Although you haven’t run out of swap, almost all physical memory is used and more than 2GB of swap are being used:

RAM 3834/3956MB (lfb 2x1MB) SWAP 2575/4096MB

So this could explain the slowness as it swaps out a lot of stuff (which can be rather slow when the swapfile is on SD card). How long have you let it run for?

It may be worth noting, that if you have a Linux PC or server, you can run the pytorch-ssd repo on it and run the training there too. You would need to have PyTorch/ect installed on your PC, and ideally and NVIDIA GPU card in it.
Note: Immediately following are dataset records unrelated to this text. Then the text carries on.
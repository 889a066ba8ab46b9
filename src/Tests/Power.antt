-- ===== src/Tests/Power.antt =====
-- Storing on a disk that loses its power.
use secure_storage.Base.{ℕ, ◌≡◌, ◌≢◌, refl, ◌∙◌, ◌⊎◌, inl, some, [], ◌++◌, ◌∷◌}
use secure_storage.Base.Text.{Str, Bytes, find_last, has_char, str_eq}
use secure_storage.Error.{Errc, is_success}
use secure_storage.Os.Posix.{IsPosix, file, folder, device}
use secure_storage.Os.Crash.{mortal}
use secure_storage.Os.Durable.{IsDurable}
use secure_storage.Os.Memory.{World, memory_os, put, place, lookup}
use secure_storage.Os.Memory.Disk.{Settled, Lossy, contents-Lossy, memory-IsDurable}
use secure_storage.Os.Memory.Laws.{memory-IsPosix}
use secure_storage.Crypto.Encryptor.Laws.{IsSealed}
use secure_storage.Crypto.Toy.{toy, toy-IsLawful}
use secure_storage.Naming.Roles.{main, backup, temp_temp, entry}
use secure_storage.Store.{SecureStore, store_data}
use secure_storage.Store.Power.{Holds, IsSafe}
use secure_storage.FileUtil.{
  abandon, atomic_write_file, ensure_directory, fill_temporary, finish_temporary, get_directory,
  path_exists, temp_file_util_suffix, write_and_rename, write_temporary,
}
use secure_storage.Naming.Roles.{suffix, file-IsName}
use secure_storage.Store.Power.Writing.{atomic_write_file-Loss}
use secure_storage.Store.Power.Storing.{store_data-Loss}
use secure_storage.Tests.Stores.{with_data}
use secure_storage.Tests.Values.{
  valid_id, top, top-IsBase, key, an_id, sealed_data, a_store, a_store-IsReady,
}

-- The contents that the id has.
abbrev Current : Bytes → Type 0
Current bytes = bytes ≡ sealed_data

holds : (IsPosix.node memory-IsPosix) with_data (entry top an_id main) ≡ some (file sealed_data)
unfolding memory-IsPosix place lookup has_char str_eq
holds = refl

no_device : (IsPosix.node memory-IsPosix) with_data (entry top an_id temp_temp) ≢ some device
unfolding memory-IsPosix place lookup has_char str_eq
no_device e = cc

settled : (r : Str) → Settled with_data r
settled r name e = cc e

with_data-IsSafe :
    IsSafe memory_os memory-IsPosix memory-IsDurable
      (entry top an_id main)
      (entry top an_id backup)
      (Holds Current)
      with_data
unfolding memory-IsDurable
with_data-IsSafe = record {
  now = (sealed_data, refl, inl holds);
  main_synced = λ n. settled (entry top an_id main);
  backup_synced = λ n. settled (entry top an_id backup);
  losses = λ w' l. (
    sealed_data,
    refl,
    inl ((l (entry top an_id main)).1 (settled (entry top an_id main)) ∙ holds),
  );
}

-- The power is lost when the main file has been moved to the backup.
store_data-Loss_example :
    (r : Errc × SecureStore toy × (World × ℕ)) × (store_data
        (mortal memory_os)
        toy
        an_id
        []
        a_store
        (with_data, 7)
      ≡ some r)
    × ((v : World)
        → (IsDurable.Loss memory-IsDurable) r.2.0 v
        → Holds
            (λ bytes. Current bytes ⊎ IsSealed toy toy-IsLawful [] key [] bytes)
            ((IsPosix.node memory-IsPosix) v (entry top an_id main))
            ((IsPosix.node memory-IsPosix) v (entry top an_id backup)))
unfolding memory-IsDurable
store_data-Loss_example =
    store_data-Loss memory_os memory-IsPosix memory-IsDurable toy toy-IsLawful an_id [] a_store
      with_data a_store-IsReady top-IsBase Current 7 valid_id.1 tt no_device with_data-IsSafe

abbrev name : Str
name = an_id ++ suffix main

there : (IsPosix.node memory-IsPosix) with_data (get_directory (top ++ name)) ≡ some folder
unfolding memory-IsPosix get_directory place has_char find_last
there = refl

no_device_beside :
    (IsPosix.node memory-IsPosix) with_data ((top ++ name) ++ temp_file_util_suffix) ≢ some device
unfolding memory-IsPosix place lookup has_char str_eq
no_device_beside e = cc

-- The world at the death of the process, which is before `fsync`.
abbrev dead : World
dead = (atomic_write_file (mortal memory_os) (top ++ name) (1 ∷ []) (with_data, 2)).1.0

-- The disk has no bytes of the temporary file.
abbrev after_loss : World
after_loss = record dead { nodes = put (name ++ temp_file_util_suffix) (file []) dead.nodes }

lost : Lossy dead after_loss
unfolding abandon atomic_write_file write_and_rename write_temporary fill_temporary finish_temporary
    ensure_directory path_exists is_success get_directory find_last place lookup has_char str_eq
lost = contents-Lossy dead (name ++ temp_file_util_suffix) [] refl (λ k. cc k)

-- The file is written again, and the power is lost before `fsync`: the disk may have lost the bytes.
atomic_write_file-Loss_example :
    ((IsPosix.node memory-IsPosix) after_loss (top ++ name) ≡ some (file sealed_data))
    ⊎ ((IsPosix.node memory-IsPosix) after_loss (top ++ name) ≡ some (file (1 ∷ [])))
unfolding memory-IsDurable
atomic_write_file-Loss_example =
    atomic_write_file-Loss memory_os memory-IsPosix memory-IsDurable top name top-IsBase
      (file-IsName an_id main valid_id) (1 ∷ []) with_data (λ n. n ≡ some (file sealed_data)) 2
      there tt no_device_beside holds (λ n. settled (top ++ name))
      (λ v l. (l (top ++ name)).1 (settled (top ++ name)) ∙ holds) after_loss lost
I cloned the pytorch-ssd repo to my Jetson Nano. I also copied the wood data to the data folder in the repo. I ran the same command as before, and nothing happened.

I meant that if you had an x86-based Ubuntu PC with PyTorch installed, you could clone the pytorch-ssd repo to it and run it on there after installing the requirements. If the PC had more compute resources and memory it could go faster.

Although Nano isn’t designed/intended for training DNN’s, for educational/demo purposes Nano should be able to run train_ssd.py though, so not sure why it’s getting hung up on your system. How long have you let it run for before terminating it? Were you able to run it on other datasets like in the Hello AI World tutorial?

Also have you tried using the jetson-inference Docker container, in case the issue is related to something particular to your install?

This topic was automatically closed 14 days after the last reply. New replies are no longer allowed.